Goal of the exercise: Print the lines below exactly as written, with none missing.

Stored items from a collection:
::::::

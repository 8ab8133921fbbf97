-- ===== src/MeritRank/Bulk/Loaded.antt =====
-- Each edge that meritrank_bulk_init selects has the weight that meritrank_init gives it
-- (meritmolt/schema/ddl.py).
use meritmolt.Prelude.{
  ◌≡◌, ◌∙◌, inl, inr, ℕ, true, false, some, List, [], Among, All, Among-append, Among-keep_if,
}
use meritmolt.Text.{Text}
use meritmolt.Subscriptions.{Subscribe}
use meritmolt.MeritRank.{Comment, Names, Lake}
use meritmolt.MeritRank.Nodes.{Node, weight_after}
use meritmolt.MeritRank.Sound.{IsSound, post_in, comment_in}
use meritmolt.MeritRank.Rebuild.{is_touched, meritrank_init_over}
use meritmolt.MeritRank.Bulk.{
  BulkEdge, select, group_by, subscribe_edge, post_to_author, author_to_post, comment_to_author,
  author_to_comment, joined_comments, has_post, upvotes, same_upvote, upvote_edge, on_others,
  replies, same_reply, reply_edge, answers_other, parent_row, bulk_edges, init_subscribes,
  full_init,
}
use meritmolt.MeritRank.Bulk.Groups.{Among-select, group_by-Among}
use meritmolt.MeritRank.Bulk.Rows.{
  row_hits, HasWeight, post_to_author-HasWeight, author_to_post-HasWeight,
  comment_to_author-HasWeight, author_to_comment-HasWeight,
}
use meritmolt.MeritRank.Bulk.Counted.{upvote_edge-HasWeight, reply_edge-HasWeight}
use meritmolt.MeritRank.Bulk.Followed.{SubscribeIn, users_untouched, subscribe_edge-weight}

module _ (names : Names) (lake : Lake) (subs : List Subscribe) (s d : Node) (b : Text)
    (sound : IsSound lake) where
  -- The weight that meritrank_init leaves on the edge.
  abbrev pub IsRebuilt : ℕ → Type 0
  IsRebuilt w = weight_after s d b (full_init names lake subs) ≡ some w

  touched-IsRebuilt : (w : ℕ) → HasWeight names lake s d b w → IsRebuilt w
  touched-IsRebuilt w (t, e) =
      meritrank_init_over names lake s d b (init_subscribes subs []) sound ∙ (rw t e)

  followed-IsRebuilt :
      (r : Subscribe)
      → Among r subs
      → All (SubscribeIn subs) subs
      → row_hits s d b (subscribe_edge r) ≡ true
      → IsRebuilt r.amount
  followed-IsRebuilt r m h t =
      let (a, c, x, y, e) = subscribe_edge-weight subs s d b r m h t in
      let u : is_touched names lake s d b ≡ false = rw (x, y) (users_untouched names a c b lake) in
      meritrank_init_over names lake s d b (init_subscribes subs []) sound ∙ (rw u e)

  -- The rows of one SELECT.
  selected :
      {A : Type 0} (f : A → BulkEdge) (xs : List A) (row : BulkEdge)
      → ((x : A) → Among x xs → row_hits s d b (f x) ≡ true → IsRebuilt (f x).weight)
      → row_hits s d b row ≡ true
      → Among row (select f xs)
      → IsRebuilt row.weight
  selected f xs row h t m = let (x, k, e) = Among-select f xs row m in rw e (h x k (rw e at t))

  joined_row :
      (c : Comment)
      → Among c (joined_comments names lake.posts lake.comments)
      → Among c lake.comments
  joined_row c m = (Among-keep_if (λ x. has_post lake.posts x.post_id) lake.comments c m).0

  upvote_row :
      (c : Comment)
      → Among c (
          group_by
            (same_upvote names lake.posts lake.comments)
            (upvotes names lake.posts lake.comments))
      → row_hits s d b (upvote_edge names lake.posts lake.comments c) ≡ true
      → IsRebuilt (upvote_edge names lake.posts lake.comments c).weight
  upvote_row c m t =
      let (k, o) = Among-keep_if (on_others lake.posts) lake.comments c (
        group_by-Among (same_upvote names lake.posts lake.comments)
          (upvotes names lake.posts lake.comments) c m) in
      touched-IsRebuilt _
        (upvote_edge-HasWeight names lake s d b c k (comment_in lake sound c k) o t)

  reply_row :
      (c : Comment)
      → Among c (
          group_by
            (same_reply names lake.posts lake.comments)
            (replies names lake.posts lake.comments))
      → row_hits s d b (reply_edge names lake.posts lake.comments c) ≡ true
      → IsRebuilt (reply_edge names lake.posts lake.comments c).weight
  reply_row c m t =
      let (k, o) =
        Among-keep_if
          (λ x. answers_other lake.posts x.author_id (parent_row lake.comments x.parent_id))
          lake.comments c
          (group_by-Among (same_reply names lake.posts lake.comments)
            (replies names lake.posts lake.comments) c m) in
      touched-IsRebuilt _
        (reply_edge-HasWeight names lake s d b c k (comment_in lake sound c k) o t)

  pub bulk_edges-IsRebuilt :
      (row : BulkEdge)
      → All (SubscribeIn subs) subs
      → Among row (bulk_edges names lake.posts lake.comments subs)
      → row_hits s d b row ≡ true
      → IsRebuilt row.weight
  unfolding bulk_edges post_to_author author_to_post comment_to_author author_to_comment
  bulk_edges-IsRebuilt row h m t = elim (Among-append row _ _ m) [
    | inl a ↦ selected subscribe_edge subs row (λ r k u. followed-IsRebuilt r k h u) t a
    | inr m₁ ↦ elim (Among-append row _ _ m₁) [
      | inl a ↦
          selected (post_to_author names lake.posts lake.comments) lake.posts row
            (λ p k u.
              touched-IsRebuilt 1
                (post_to_author-HasWeight names lake s d b p k (post_in lake sound p k) u))
            t a
      | inr m₂ ↦ elim (Among-append row _ _ m₂) [
        | inl a ↦
            selected (author_to_post names lake.posts lake.comments) lake.posts row
              (λ p k u.
                touched-IsRebuilt 1
                  (author_to_post-HasWeight names lake s d b p k (post_in lake sound p k) u))
              t a
        | inr m₃ ↦ elim (Among-append row _ _ m₃) [
          | inl a ↦
              selected (comment_to_author names lake.posts lake.comments) _ row
                (λ c k u. touched-IsRebuilt 1 (
                  comment_to_author-HasWeight names lake s d b c (joined_row c k)
                    (comment_in lake sound c (joined_row c k)) u))
                t a
          | inr m₄ ↦ elim (Among-append row _ _ m₄) [
            | inl a ↦
                selected (author_to_comment names lake.posts lake.comments) _ row
                  (λ c k u. touched-IsRebuilt 1 (
                    author_to_comment-HasWeight names lake s d b c (joined_row c k)
                      (comment_in lake sound c (joined_row c k)) u))
                  t a
            | inr m₅ ↦ elim (Among-append row _ _ m₅) [
              | inl a ↦ selected (upvote_edge names lake.posts lake.comments) _ row upvote_row t a
              | inr a ↦ selected (reply_edge names lake.posts lake.comments) _ row reply_row t a
            ]
          ]
        ]
      ]
    ]
  ]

::::::

Final answer:
repository 8ab8133921fbbf97
-- ===== src/MeritRank/Bulk/Loaded.antt =====
-- Each edge that meritrank_bulk_init selects has the weight that meritrank_init gives it
-- (meritmolt/schema/ddl.py).
use meritmolt.Prelude.{
  ◌≡◌, ◌∙◌, inl, inr, ℕ, true, false, some, List, [], Among, All, Among-append, Among-keep_if,
}
use meritmolt.Text.{Text}
use meritmolt.Subscriptions.{Subscribe}
use meritmolt.MeritRank.{Comment, Names, Lake}
use meritmolt.MeritRank.Nodes.{Node, weight_after}
use meritmolt.MeritRank.Sound.{IsSound, post_in, comment_in}
use meritmolt.MeritRank.Rebuild.{is_touched, meritrank_init_over}
use meritmolt.MeritRank.Bulk.{
  BulkEdge, select, group_by, subscribe_edge, post_to_author, author_to_post, comment_to_author,
  author_to_comment, joined_comments, has_post, upvotes, same_upvote, upvote_edge, on_others,
  replies, same_reply, reply_edge, answers_other, parent_row, bulk_edges, init_subscribes,
  full_init,
}
use meritmolt.MeritRank.Bulk.Groups.{Among-select, group_by-Among}
use meritmolt.MeritRank.Bulk.Rows.{
  row_hits, HasWeight, post_to_author-HasWeight, author_to_post-HasWeight,
  comment_to_author-HasWeight, author_to_comment-HasWeight,
}
use meritmolt.MeritRank.Bulk.Counted.{upvote_edge-HasWeight, reply_edge-HasWeight}
use meritmolt.MeritRank.Bulk.Followed.{SubscribeIn, users_untouched, subscribe_edge-weight}

module _ (names : Names) (lake : Lake) (subs : List Subscribe) (s d : Node) (b : Text)
    (sound : IsSound lake) where
  -- The weight that meritrank_init leaves on the edge.
  abbrev pub IsRebuilt : ℕ → Type 0
  IsRebuilt w = weight_after s d b (full_init names lake subs) ≡ some w

  touched-IsRebuilt : (w : ℕ) → HasWeight names lake s d b w → IsRebuilt w
  touched-IsRebuilt w (t, e) =
      meritrank_init_over names lake s d b (init_subscribes subs []) sound ∙ (rw t e)

  followed-IsRebuilt :
      (r : Subscribe)
      → Among r subs
      → All (SubscribeIn subs) subs
      → row_hits s d b (subscribe_edge r) ≡ true
      → IsRebuilt r.amount
  followed-IsRebuilt r m h t =
      let (a, c, x, y, e) = subscribe_edge-weight subs s d b r m h t in
      let u : is_touched names lake s d b ≡ false = rw (x, y) (users_untouched names a c b lake) in
      meritrank_init_over names lake s d b (init_subscribes subs []) sound ∙ (rw u e)

  -- The rows of one SELECT.
  selected :
      {A : Type 0} (f : A → BulkEdge) (xs : List A) (row : BulkEdge)
      → ((x : A) → Among x xs → row_hits s d b (f x) ≡ true → IsRebuilt (f x).weight)
      → row_hits s d b row ≡ true
      → Among row (select f xs)
      → IsRebuilt row.weight
  selected f xs row h t m = let (x, k, e) = Among-select f xs row m in rw e (h x k (rw e at t))

  joined_row :
      (c : Comment)
      → Among c (joined_comments names lake.posts lake.comments)
      → Among c lake.comments
  joined_row c m = (Among-keep_if (λ x. has_post lake.posts x.post_id) lake.comments c m).0

  upvote_row :
      (c : Comment)
      → Among c (
          group_by
            (same_upvote names lake.posts lake.comments)
            (upvotes names lake.posts lake.comments))
      → row_hits s d b (upvote_edge names lake.posts lake.comments c) ≡ true
      → IsRebuilt (upvote_edge names lake.posts lake.comments c).weight
  upvote_row c m t =
      let (k, o) = Among-keep_if (on_others lake.posts) lake.comments c (
        group_by-Among (same_upvote names lake.posts lake.comments)
          (upvotes names lake.posts lake.comments) c m) in
      touched-IsRebuilt _
        (upvote_edge-HasWeight names lake s d b c k (comment_in lake sound c k) o t)

  reply_row :
      (c : Comment)
      → Among c (
          group_by
            (same_reply names lake.posts lake.comments)
            (replies names lake.posts lake.comments))
      → row_hits s d b (reply_edge names lake.posts lake.comments c) ≡ true
      → IsRebuilt (reply_edge names lake.posts lake.comments c).weight
  reply_row c m t =
      let (k, o) =
        Among-keep_if
          (λ x. answers_other lake.posts x.author_id (parent_row lake.comments x.parent_id))
          lake.comments c
          (group_by-Among (same_reply names lake.posts lake.comments)
            (replies names lake.posts lake.comments) c m) in
      touched-IsRebuilt _
        (reply_edge-HasWeight names lake s d b c k (comment_in lake sound c k) o t)

  pub bulk_edges-IsRebuilt :
      (row : BulkEdge)
      → All (SubscribeIn subs) subs
      → Among row (bulk_edges names lake.posts lake.comments subs)
      → row_hits s d b row ≡ true
      → IsRebuilt row.weight
  unfolding bulk_edges post_to_author author_to_post comment_to_author author_to_comment
  bulk_edges-IsRebuilt row h m t = elim (Among-append row _ _ m) [
    | inl a ↦ selected subscribe_edge subs row (λ r k u. followed-IsRebuilt r k h u) t a
    | inr m₁ ↦ elim (Among-append row _ _ m₁) [
      | inl a ↦
          selected (post_to_author names lake.posts lake.comments) lake.posts row
            (λ p k u.
              touched-IsRebuilt 1
                (post_to_author-HasWeight names lake s d b p k (post_in lake sound p k) u))
            t a
      | inr m₂ ↦ elim (Among-append row _ _ m₂) [
        | inl a ↦
            selected (author_to_post names lake.posts lake.comments) lake.posts row
              (λ p k u.
                touched-IsRebuilt 1
                  (author_to_post-HasWeight names lake s d b p k (post_in lake sound p k) u))
              t a
        | inr m₃ ↦ elim (Among-append row _ _ m₃) [
          | inl a ↦
              selected (comment_to_author names lake.posts lake.comments) _ row
                (λ c k u. touched-IsRebuilt 1 (
                  comment_to_author-HasWeight names lake s d b c (joined_row c k)
                    (comment_in lake sound c (joined_row c k)) u))
                t a
          | inr m₄ ↦ elim (Among-append row _ _ m₄) [
            | inl a ↦
                selected (author_to_comment names lake.posts lake.comments) _ row
                  (λ c k u. touched-IsRebuilt 1 (
                    author_to_comment-HasWeight names lake s d b c (joined_row c k)
                      (comment_in lake sound c (joined_row c k)) u))
                  t a
            | inr m₅ ↦ elim (Among-append row _ _ m₅) [
              | inl a ↦ selected (upvote_edge names lake.posts lake.comments) _ row upvote_row t a
              | inr a ↦ selected (reply_edge names lake.posts lake.comments) _ row reply_row t a
            ]
          ]
        ]
      ]
    ]
  ]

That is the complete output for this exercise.